» **PROBLEM TO SOLVE**:
Say how many lines of the material below contain the word "arith", with no other words.

» **DATA SUPPLIED**:
============
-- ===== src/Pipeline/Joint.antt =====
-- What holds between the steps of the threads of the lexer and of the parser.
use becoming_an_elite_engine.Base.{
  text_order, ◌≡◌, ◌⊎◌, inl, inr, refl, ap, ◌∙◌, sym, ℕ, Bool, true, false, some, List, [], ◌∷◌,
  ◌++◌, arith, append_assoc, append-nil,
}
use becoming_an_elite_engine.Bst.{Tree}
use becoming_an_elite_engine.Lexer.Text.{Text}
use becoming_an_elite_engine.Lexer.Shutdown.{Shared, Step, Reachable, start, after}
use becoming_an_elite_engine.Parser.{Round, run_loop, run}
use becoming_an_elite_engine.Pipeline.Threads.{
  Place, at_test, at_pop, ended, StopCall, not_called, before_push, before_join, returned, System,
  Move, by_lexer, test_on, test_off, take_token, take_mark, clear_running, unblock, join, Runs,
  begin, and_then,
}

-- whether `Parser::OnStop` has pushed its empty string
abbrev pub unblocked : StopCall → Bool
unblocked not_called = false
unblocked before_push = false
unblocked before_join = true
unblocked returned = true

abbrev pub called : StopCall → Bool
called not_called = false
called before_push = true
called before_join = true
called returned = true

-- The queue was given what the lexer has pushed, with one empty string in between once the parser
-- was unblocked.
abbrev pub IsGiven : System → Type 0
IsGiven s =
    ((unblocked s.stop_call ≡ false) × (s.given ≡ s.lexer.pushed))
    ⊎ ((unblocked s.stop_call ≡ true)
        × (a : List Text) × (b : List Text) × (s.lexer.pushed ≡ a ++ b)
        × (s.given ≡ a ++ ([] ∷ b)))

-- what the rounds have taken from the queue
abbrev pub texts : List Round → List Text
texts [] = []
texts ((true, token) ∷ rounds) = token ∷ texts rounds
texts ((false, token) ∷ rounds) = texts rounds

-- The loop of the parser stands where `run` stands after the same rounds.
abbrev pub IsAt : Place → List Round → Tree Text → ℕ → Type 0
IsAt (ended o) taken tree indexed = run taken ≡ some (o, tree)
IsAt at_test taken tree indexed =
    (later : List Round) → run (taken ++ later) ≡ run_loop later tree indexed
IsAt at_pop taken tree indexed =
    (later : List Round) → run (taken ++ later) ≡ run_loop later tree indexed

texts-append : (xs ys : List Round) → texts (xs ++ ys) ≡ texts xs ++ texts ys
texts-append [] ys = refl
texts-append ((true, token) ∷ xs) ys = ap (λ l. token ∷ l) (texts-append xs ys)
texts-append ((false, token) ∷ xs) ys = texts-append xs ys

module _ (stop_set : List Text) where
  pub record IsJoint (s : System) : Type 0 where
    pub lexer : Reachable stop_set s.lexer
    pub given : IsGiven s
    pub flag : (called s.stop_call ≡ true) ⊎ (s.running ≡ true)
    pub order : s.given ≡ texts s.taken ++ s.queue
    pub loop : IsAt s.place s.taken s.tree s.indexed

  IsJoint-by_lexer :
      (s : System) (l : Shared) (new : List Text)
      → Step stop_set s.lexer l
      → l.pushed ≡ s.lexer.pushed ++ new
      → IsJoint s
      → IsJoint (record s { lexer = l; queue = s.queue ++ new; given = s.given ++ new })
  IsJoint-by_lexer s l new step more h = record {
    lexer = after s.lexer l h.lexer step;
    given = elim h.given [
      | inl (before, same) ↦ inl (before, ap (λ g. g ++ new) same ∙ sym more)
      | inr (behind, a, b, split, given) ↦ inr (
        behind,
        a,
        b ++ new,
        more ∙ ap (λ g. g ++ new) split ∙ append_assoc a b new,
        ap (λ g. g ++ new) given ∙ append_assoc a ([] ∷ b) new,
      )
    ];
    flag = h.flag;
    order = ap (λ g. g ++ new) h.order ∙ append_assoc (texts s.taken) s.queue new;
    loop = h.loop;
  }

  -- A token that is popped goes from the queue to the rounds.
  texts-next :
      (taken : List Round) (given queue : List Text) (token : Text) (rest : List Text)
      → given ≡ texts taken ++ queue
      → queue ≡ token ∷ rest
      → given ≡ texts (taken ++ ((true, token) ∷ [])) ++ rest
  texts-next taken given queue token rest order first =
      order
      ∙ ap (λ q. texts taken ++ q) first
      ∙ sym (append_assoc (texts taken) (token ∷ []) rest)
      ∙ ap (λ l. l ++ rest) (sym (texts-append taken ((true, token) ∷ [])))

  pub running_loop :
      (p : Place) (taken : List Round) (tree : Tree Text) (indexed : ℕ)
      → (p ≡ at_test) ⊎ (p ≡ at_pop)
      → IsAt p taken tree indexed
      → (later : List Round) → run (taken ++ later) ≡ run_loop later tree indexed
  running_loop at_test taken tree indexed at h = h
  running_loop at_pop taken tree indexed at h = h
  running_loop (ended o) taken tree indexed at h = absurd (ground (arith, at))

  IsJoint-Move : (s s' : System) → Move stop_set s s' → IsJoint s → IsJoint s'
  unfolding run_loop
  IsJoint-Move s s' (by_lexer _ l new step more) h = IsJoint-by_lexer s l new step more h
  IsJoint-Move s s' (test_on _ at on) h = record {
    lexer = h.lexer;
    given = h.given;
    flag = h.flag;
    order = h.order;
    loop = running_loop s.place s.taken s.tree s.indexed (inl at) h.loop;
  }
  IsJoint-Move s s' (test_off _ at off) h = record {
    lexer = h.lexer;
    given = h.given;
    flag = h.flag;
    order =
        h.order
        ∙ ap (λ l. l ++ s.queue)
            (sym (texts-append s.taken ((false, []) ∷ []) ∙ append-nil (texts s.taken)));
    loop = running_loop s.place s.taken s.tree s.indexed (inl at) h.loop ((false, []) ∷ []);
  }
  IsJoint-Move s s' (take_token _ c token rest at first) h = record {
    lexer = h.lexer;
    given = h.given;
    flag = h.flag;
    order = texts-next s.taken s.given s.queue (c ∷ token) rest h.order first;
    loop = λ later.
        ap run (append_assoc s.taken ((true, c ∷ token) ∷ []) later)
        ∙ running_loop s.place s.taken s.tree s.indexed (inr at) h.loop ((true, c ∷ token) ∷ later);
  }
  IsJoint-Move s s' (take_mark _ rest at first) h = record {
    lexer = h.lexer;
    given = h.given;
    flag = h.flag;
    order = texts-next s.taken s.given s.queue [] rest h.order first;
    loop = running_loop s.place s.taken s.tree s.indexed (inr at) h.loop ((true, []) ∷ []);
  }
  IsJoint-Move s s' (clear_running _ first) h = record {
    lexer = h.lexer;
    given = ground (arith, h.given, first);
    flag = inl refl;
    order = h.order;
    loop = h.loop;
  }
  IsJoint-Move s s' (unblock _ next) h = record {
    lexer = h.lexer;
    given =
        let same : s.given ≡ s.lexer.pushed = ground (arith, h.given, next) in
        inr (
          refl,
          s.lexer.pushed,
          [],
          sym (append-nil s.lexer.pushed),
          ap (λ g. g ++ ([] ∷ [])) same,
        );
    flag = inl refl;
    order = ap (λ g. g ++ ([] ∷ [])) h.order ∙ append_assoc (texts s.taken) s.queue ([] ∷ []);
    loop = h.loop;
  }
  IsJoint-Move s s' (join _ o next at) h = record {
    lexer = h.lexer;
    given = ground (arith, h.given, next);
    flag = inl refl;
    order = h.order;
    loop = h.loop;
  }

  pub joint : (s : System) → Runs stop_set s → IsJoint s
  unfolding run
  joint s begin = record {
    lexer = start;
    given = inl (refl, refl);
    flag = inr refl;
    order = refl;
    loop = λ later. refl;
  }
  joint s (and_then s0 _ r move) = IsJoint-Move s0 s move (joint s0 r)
============
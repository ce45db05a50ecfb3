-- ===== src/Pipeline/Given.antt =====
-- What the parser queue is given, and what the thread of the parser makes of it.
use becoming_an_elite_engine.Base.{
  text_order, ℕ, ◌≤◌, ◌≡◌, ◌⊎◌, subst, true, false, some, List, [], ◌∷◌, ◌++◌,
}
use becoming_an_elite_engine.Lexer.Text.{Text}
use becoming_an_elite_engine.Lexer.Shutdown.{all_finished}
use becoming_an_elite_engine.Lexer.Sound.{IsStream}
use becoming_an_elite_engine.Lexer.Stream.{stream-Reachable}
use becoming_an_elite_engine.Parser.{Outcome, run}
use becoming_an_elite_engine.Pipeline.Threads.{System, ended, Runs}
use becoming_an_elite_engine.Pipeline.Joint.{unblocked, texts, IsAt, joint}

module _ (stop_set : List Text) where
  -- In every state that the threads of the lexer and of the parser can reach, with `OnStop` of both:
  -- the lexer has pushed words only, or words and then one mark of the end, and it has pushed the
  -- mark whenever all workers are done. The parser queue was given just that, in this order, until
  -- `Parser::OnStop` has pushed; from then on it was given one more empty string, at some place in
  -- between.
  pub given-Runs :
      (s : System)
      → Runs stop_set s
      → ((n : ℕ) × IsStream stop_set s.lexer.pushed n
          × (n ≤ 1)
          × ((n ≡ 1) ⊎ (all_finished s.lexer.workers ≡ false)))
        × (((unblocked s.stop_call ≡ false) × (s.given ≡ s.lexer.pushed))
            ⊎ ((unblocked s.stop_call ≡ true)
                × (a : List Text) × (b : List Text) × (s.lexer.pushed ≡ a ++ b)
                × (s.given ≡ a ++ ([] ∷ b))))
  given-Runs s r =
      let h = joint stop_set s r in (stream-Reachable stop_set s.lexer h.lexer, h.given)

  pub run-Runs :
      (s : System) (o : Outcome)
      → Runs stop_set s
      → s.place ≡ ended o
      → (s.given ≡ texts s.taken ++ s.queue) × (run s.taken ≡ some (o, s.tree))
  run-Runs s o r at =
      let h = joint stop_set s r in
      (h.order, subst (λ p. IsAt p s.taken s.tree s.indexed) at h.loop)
============
» **SOLUTION TO THE PROBLEM**:
5